### [Task goal]
Write the number of lines in the material below that contain "true", with no other words.

┌─ Source records

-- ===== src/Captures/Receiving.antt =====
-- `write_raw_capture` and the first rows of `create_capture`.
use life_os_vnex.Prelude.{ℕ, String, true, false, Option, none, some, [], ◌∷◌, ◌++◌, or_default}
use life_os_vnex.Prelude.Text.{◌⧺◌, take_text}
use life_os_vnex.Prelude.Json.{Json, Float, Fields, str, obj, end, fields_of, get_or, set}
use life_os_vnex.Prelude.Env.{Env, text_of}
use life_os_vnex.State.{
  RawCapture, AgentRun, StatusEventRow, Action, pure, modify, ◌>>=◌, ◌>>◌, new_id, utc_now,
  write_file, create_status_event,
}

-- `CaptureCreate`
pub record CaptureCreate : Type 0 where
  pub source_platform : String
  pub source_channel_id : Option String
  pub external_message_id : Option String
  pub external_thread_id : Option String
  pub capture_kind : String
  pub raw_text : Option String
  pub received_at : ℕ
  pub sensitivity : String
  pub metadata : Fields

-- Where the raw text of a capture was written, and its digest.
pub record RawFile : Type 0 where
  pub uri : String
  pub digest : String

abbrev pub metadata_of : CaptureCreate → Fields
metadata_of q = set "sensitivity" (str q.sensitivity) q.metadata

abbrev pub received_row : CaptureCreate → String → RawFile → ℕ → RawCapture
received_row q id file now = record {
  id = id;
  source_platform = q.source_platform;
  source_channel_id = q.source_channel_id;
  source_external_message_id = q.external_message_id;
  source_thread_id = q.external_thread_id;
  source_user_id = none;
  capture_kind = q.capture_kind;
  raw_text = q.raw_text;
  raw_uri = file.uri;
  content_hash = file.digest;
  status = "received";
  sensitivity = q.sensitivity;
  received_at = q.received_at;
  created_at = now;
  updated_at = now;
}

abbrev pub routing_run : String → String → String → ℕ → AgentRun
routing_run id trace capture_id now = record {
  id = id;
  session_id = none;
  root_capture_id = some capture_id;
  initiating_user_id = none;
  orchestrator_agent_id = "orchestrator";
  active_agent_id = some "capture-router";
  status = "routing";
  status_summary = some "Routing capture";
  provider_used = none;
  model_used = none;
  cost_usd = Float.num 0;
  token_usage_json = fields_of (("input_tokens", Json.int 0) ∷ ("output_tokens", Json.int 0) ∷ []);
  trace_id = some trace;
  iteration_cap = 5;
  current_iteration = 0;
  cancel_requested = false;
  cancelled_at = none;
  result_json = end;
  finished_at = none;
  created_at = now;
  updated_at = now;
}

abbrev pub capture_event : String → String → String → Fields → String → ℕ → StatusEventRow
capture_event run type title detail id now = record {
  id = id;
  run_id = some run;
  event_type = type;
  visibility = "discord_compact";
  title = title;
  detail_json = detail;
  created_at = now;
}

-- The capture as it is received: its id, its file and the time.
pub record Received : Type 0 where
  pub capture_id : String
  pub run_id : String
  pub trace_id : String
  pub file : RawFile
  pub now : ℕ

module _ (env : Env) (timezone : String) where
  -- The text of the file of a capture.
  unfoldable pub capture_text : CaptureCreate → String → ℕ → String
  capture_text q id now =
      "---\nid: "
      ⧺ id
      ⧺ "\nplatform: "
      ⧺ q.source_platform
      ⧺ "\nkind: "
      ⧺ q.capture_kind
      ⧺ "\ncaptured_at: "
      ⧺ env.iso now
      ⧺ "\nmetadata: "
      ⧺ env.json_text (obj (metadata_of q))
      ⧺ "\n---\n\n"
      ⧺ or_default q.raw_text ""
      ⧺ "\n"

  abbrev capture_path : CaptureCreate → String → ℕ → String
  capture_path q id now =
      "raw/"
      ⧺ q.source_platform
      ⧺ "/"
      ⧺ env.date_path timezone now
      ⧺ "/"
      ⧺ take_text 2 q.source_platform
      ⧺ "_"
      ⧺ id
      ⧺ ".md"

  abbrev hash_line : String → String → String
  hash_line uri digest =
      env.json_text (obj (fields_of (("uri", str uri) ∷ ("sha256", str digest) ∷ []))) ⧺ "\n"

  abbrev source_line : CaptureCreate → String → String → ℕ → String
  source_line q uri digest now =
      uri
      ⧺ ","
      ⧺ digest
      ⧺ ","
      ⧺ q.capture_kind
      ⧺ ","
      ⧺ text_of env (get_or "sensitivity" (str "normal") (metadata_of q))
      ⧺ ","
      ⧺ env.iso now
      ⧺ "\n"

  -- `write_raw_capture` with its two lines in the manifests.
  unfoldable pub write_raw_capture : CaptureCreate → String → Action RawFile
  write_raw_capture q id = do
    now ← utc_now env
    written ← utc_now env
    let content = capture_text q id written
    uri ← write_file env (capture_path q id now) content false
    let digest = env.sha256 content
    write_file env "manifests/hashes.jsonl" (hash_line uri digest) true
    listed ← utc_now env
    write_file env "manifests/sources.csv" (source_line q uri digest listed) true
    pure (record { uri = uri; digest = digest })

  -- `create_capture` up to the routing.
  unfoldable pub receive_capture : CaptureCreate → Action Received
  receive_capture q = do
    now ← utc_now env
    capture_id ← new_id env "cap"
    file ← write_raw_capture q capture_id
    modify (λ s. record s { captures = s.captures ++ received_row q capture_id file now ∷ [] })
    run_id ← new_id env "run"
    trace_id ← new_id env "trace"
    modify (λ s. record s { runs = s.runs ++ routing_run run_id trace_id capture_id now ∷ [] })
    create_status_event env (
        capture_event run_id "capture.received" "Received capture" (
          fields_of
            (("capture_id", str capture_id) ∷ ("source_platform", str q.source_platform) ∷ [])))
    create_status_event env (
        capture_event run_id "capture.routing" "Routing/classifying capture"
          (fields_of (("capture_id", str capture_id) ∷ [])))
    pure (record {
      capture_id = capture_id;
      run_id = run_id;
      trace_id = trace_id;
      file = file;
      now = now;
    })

└─
┌─ Source records

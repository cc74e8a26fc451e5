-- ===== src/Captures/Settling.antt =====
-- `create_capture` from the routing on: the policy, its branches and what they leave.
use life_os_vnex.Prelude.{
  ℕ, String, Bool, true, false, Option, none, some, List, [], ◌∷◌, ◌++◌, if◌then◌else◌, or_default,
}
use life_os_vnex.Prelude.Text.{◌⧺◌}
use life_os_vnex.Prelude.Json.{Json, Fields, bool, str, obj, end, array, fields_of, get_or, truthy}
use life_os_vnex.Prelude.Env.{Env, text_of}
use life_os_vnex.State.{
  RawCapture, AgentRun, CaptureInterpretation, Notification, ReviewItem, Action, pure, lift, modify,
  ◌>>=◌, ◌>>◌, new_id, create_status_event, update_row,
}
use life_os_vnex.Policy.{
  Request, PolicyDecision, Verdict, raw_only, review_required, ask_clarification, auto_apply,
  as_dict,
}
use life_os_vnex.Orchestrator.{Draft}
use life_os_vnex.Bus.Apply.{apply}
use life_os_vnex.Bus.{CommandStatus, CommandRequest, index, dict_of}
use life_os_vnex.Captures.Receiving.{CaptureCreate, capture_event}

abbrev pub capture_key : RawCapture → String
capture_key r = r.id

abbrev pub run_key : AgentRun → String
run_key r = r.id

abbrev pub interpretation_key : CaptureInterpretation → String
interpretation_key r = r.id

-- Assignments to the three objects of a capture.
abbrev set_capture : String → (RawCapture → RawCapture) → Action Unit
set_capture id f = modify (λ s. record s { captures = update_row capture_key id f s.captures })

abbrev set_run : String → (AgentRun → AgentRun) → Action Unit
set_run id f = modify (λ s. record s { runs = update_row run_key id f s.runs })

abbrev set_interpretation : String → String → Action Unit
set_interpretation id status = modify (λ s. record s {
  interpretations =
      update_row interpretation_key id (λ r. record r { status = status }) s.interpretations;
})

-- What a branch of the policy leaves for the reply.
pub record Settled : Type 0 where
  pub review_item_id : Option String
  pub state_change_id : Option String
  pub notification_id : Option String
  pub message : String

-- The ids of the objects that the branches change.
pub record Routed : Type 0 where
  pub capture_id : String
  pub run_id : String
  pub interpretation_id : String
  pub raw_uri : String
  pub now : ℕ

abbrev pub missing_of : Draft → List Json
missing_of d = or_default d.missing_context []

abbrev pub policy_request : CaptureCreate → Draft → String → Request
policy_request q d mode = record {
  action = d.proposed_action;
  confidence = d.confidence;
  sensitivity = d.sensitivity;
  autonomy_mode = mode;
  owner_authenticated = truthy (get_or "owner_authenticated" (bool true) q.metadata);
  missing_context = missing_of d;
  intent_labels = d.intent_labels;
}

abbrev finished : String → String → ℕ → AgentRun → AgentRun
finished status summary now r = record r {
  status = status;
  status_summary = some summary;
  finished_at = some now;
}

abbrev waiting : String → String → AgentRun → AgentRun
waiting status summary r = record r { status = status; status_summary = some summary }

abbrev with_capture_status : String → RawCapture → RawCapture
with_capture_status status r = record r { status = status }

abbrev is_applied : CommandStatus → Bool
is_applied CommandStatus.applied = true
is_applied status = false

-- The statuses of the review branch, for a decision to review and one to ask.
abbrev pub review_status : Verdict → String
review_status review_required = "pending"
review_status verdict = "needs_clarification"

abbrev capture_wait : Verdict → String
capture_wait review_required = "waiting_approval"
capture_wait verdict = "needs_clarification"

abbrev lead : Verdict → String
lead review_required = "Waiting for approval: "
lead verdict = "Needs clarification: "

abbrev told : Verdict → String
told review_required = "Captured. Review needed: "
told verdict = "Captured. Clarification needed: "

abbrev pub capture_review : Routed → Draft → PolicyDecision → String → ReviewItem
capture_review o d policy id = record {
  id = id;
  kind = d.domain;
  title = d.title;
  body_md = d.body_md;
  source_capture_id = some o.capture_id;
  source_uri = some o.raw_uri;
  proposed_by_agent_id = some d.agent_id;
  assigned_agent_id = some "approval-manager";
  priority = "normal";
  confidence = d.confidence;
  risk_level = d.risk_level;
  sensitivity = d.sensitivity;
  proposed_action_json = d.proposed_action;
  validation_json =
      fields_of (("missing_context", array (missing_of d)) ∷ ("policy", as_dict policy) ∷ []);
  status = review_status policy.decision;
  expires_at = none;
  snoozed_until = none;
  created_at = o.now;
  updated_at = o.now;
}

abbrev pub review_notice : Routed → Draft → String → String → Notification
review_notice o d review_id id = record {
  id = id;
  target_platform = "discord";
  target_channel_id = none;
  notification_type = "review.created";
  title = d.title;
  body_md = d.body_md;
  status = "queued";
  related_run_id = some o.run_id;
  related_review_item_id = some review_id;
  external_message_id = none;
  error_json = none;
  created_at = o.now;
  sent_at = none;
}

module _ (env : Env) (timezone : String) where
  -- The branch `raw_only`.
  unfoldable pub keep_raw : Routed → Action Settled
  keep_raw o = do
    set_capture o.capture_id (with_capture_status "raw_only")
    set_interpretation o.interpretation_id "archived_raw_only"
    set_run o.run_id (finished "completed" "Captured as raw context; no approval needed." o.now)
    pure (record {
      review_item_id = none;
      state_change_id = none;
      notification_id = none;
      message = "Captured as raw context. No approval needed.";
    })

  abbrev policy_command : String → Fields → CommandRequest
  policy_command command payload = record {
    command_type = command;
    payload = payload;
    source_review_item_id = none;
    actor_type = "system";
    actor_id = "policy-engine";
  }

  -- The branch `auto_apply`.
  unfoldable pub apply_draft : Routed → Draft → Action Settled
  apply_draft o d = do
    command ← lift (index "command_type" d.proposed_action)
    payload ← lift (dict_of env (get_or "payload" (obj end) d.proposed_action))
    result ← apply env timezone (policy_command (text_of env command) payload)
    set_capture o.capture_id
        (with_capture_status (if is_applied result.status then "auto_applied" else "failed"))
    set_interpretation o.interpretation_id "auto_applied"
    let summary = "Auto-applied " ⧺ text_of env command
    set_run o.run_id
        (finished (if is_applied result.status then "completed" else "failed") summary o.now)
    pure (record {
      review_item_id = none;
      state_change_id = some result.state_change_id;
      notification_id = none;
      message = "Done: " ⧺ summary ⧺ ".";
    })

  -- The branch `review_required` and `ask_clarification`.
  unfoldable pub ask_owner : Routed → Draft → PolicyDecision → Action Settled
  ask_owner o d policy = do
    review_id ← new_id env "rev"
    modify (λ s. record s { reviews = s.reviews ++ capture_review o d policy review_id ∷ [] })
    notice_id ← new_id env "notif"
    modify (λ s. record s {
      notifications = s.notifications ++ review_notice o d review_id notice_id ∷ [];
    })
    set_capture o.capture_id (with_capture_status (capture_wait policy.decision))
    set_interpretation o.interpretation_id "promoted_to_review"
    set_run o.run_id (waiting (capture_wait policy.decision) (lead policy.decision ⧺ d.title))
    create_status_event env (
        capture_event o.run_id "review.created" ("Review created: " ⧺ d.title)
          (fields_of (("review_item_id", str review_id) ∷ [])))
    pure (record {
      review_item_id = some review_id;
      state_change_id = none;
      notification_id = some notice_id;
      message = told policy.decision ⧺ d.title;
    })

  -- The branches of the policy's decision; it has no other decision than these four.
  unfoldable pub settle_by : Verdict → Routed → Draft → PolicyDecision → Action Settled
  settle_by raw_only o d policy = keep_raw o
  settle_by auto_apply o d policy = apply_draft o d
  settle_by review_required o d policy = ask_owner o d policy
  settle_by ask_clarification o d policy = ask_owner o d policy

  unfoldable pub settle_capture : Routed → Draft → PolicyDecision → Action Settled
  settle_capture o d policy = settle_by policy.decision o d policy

└─

### [Solution for this problem]
6